(WHAT TO WORK ON) Each line that contains the word "MagneticPhase" is to be copied from the records below.

(DATASET RECORDS)
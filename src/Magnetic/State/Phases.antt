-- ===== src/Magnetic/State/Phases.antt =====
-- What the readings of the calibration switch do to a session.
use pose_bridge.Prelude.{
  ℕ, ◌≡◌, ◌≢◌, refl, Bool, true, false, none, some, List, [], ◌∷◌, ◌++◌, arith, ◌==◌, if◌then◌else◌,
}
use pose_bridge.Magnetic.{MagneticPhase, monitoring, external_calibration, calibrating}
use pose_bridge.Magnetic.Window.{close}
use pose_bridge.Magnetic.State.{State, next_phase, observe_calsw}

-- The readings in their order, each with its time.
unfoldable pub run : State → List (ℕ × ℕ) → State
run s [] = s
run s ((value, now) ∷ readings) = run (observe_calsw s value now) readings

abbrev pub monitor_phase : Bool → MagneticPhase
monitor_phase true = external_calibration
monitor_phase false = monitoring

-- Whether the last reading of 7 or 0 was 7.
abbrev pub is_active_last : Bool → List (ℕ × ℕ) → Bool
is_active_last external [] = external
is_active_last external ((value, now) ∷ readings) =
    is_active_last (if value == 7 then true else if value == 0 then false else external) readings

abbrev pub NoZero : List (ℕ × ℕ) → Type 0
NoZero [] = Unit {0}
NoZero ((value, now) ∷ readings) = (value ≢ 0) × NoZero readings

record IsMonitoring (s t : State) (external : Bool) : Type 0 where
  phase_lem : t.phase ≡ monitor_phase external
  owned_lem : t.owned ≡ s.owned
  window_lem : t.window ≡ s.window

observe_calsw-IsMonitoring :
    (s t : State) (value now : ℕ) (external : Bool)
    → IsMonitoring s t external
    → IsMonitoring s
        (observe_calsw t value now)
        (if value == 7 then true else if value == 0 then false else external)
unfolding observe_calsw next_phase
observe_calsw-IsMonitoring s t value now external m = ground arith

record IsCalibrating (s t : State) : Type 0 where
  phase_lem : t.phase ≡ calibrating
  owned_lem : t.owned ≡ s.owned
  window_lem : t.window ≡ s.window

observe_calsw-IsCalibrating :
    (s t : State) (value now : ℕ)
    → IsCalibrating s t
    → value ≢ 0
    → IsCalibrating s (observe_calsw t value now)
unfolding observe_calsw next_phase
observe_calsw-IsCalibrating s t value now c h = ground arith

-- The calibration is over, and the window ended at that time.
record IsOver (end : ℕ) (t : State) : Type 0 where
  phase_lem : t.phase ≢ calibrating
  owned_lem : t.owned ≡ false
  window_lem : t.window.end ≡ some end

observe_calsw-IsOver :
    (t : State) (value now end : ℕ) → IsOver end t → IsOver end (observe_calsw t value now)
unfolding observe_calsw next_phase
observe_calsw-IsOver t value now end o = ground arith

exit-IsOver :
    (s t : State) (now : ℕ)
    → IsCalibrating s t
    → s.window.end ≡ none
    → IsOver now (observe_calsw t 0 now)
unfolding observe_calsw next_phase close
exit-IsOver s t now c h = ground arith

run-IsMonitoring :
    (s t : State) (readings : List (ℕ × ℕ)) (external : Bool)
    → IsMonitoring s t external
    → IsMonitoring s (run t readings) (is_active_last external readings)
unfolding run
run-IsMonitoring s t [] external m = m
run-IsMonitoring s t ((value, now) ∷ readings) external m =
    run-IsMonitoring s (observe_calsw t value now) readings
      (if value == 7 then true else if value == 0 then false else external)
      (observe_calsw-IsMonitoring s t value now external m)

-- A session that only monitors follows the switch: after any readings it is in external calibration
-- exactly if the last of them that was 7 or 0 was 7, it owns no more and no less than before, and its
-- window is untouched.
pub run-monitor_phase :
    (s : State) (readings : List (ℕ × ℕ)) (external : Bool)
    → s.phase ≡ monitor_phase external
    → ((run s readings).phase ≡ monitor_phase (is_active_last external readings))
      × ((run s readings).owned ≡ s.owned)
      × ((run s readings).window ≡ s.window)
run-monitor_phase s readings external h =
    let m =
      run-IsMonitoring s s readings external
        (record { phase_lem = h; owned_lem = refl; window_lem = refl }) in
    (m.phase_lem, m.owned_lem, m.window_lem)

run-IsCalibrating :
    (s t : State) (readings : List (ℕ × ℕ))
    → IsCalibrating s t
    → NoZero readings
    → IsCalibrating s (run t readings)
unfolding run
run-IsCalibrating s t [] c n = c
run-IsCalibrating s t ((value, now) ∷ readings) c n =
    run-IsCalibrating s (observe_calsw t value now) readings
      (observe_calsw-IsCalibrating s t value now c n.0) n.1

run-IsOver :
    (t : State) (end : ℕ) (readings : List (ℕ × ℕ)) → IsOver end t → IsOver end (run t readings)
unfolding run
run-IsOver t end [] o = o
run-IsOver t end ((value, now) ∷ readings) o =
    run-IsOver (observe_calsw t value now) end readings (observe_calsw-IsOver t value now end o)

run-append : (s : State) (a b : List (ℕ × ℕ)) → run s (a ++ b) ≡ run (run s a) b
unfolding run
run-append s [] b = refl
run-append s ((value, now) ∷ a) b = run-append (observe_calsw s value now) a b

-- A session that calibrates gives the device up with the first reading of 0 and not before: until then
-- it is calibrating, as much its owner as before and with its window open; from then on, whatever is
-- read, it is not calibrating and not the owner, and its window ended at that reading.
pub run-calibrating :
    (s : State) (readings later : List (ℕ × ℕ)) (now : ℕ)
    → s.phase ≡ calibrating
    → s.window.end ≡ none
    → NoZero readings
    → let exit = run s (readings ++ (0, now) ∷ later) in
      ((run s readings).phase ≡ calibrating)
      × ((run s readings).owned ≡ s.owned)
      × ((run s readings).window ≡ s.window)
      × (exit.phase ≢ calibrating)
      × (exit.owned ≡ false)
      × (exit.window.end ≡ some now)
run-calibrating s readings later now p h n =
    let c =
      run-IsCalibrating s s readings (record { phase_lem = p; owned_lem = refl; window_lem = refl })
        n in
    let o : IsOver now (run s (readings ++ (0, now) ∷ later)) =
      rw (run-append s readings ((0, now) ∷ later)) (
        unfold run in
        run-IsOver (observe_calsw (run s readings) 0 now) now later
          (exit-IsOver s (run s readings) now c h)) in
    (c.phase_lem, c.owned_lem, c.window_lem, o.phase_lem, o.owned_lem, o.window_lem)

(ANSWER SECTION)
use pose_bridge.Magnetic.{MagneticPhase, monitoring, external_calibration, calibrating}
abbrev pub monitor_phase : Bool → MagneticPhase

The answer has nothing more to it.